Contact zones occur at the crossroad between specific dispersal routes and are facilitated by biogeographic discontinuities. Here, we focused on two Lepidoptera sister species that come in contact near the Turkish Straits System (TSS). We aimed to infer their phylogeographic histories in the Eastern Mediterranean and finely analyze their co-occurrence and hybridization patterns in this biogeographic context. We used molecular mitochondrial and nuclear markers to study 224 individuals from 42 localities. We used discordances between markers and complementary assignment methods to identify and map hybrids and parental individuals. We confirmed the parapatric distribution of Thaumetopoea pityocampa (Lepidoptera: Notodontidae) in the west and Thaumetopoea wilkinsoni in the east and identified a narrow contact zone. We identified several glacial refugia of T. wilkinsoni in southern Turkey with a strong east–west differentiation in this species.
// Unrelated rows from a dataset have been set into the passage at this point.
-- ===== src/Acpi.antt =====
-- sys/acpi/acpi.c: the search of the tables that the firmware leaves. Memory is bytes. An address
-- 0 is NULL.
pub mod Tables
pub mod Checksum
pub mod Madt
mod Tests
use qnixx.Common.{
  ℕ, zero, suc, ◌+◌, ◌-◌, ◌*◌, ◌/◌, ◌%◌, ◌^◌, Bool, true, false, Option, none, some, ◌==◌, ltb,
  if◌then◌else◌,
}
use qnixx.Common.Word.{u8, u16, u32, u64}
use qnixx.Libkern.Memory.{Memory}
use qnixx.Libkern.String.{memcmp}
use qnixx.Acpi.Tables.{
  rsdp_at, header_at, rsdt_at, madt_at, apic_header_at, io_apic_at, interrupt_override_at,
}

-- `sum += ((char*)header)[i]`, for the bytes from `a` on.
unfoldable pub sum_from : Memory → ℕ → ℕ → ℕ → ℕ
sum_from memory zero a sum = sum
sum_from memory (suc n) a sum = sum_from memory n (a + 1) (u8 (sum + memory a))

unfoldable pub do_checksum : Memory → ℕ → Bool
do_checksum memory header = sum_from memory (header_at memory header).length header 0 % 0x100 == 0

-- The file's variables.
pub record Acpi : Type 0 where
  pub rsdt : ℕ
  pub madt : ℕ
  pub rsdt_entry_count : ℕ
  pub g_ioapic_mmio_base : ℕ
  pub g_lapic_mmio_base : ℕ

module _ (memory : Memory) (higher_half : ℕ) where
  -- The entries from index `i` on. `n` is the length of the signature that is looked for.
  unfoldable pub query_from : ℕ → (rsdt : ℕ) → (query : Memory) → (n : ℕ) → ℕ → ℕ
  query_from zero rsdt query n i = 0
  query_from (suc left) rsdt query n i =
      let current = u64 ((rsdt_at memory rsdt).tables i + higher_half) in
      let rest = query_from left rsdt query n (i + 1) in
      if memcmp (header_at memory current).signature query n == 0
      then (if do_checksum memory current then current else 0)
      else rest

  unfoldable pub acpi_query : Acpi → (query : Memory) → (n : ℕ) → ℕ
  acpi_query acpi query n = query_from acpi.rsdt_entry_count acpi.rsdt query n 0

  -- `while (cur < end)` of `parse_madt`, on fuel: a record of length 0 is looked at for ever.
  unfoldable pub parse_from : ℕ → (cur end : ℕ) → Acpi → Option Acpi
  parse_from zero cur end acpi = if ltb cur end then none else some acpi
  parse_from (suc fuel) cur end acpi =
      let found =
        if (apic_header_at memory cur).type == 1
        then record acpi { g_ioapic_mmio_base = (io_apic_at memory cur).io_apic_addr }
        else acpi in
      let rest = parse_from fuel (cur + (apic_header_at memory cur).length) end found in
      if ltb cur end then rest else some acpi

  unfoldable pub parse_madt : ℕ → Acpi → Option Acpi
  parse_madt fuel acpi =
      parse_from fuel (acpi.madt + 44) (acpi.madt + (madt_at memory acpi.madt).header.length)
        (record acpi { g_lapic_mmio_base = (madt_at memory acpi.madt).lapic_addr })

  unfoldable pub remap_from : ℕ → (cur end irq : ℕ) → Option ℕ
  remap_from zero cur end irq = if ltb cur end then none else some irq
  remap_from (suc fuel) cur end irq =
      let rest = remap_from fuel (cur + (apic_header_at memory cur).length) end irq in
      if ltb cur end
      then (if (apic_header_at memory cur).type == 2
          then (if (interrupt_override_at memory cur).source == irq
              then some (u16 (interrupt_override_at memory cur).interrupt)
              else rest)
          else rest)
      else some irq

  unfoldable pub acpi_remap_irq : ℕ → Acpi → ℕ → Option ℕ
  acpi_remap_irq fuel acpi irq =
      remap_from fuel (acpi.madt + 44) (acpi.madt + (madt_at memory acpi.madt).header.length) irq

  -- `rsdp` is the address that the boot loader gives. `none` is the
  -- failed assertion, or a table that is not left.
  unfoldable pub acpi_init : ℕ → (rsdp : ℕ) → (apic : Memory) → Acpi → Option Acpi
  acpi_init fuel rsdp apic acpi =
      let rsdt = u64 ((rsdp_at memory rsdp).rsdtaddr + higher_half) in
      let count = u64 ((rsdt_at memory rsdt).header.length + 2 ^ 64 - 36) / 4 in
      let found = record acpi { rsdt = rsdt; rsdt_entry_count = count } in
      let madt = acpi_query found apic 4 in
      if madt == 0 then none else parse_madt fuel (record found { madt = madt })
Unexpectedly, T. pityocampa crossed the TSS and occur in northern Aegean Turkey and some eastern Greek islands. We found robust evidence of introgression between the two species in a restricted zone in northwestern Turkey, but we did not identify any F1 individuals. The identified hybrid zone was mostly bimodal. The distributions and genetic patterns of the studied species were strongly influenced both by the Quaternary climatic oscillations and the complex geological history of the Aegean region. T. pityocampa and T. wilkinsoni survived the last glacial maximum in disjoint refugia and met in western Turkey at the edge of the recolonization routes. Expanding population of T. wilkinsoni constrained T. pityocampa to the western Turkish shore. Additionally, we found evidence of recurrent introgression by T. wilkinsoni males in several T. pityocampa populations. Our results suggest that some prezygotic isolation mechanisms, such as differences in timing of the adult emergences, might be a driver of the isolation between the sister species.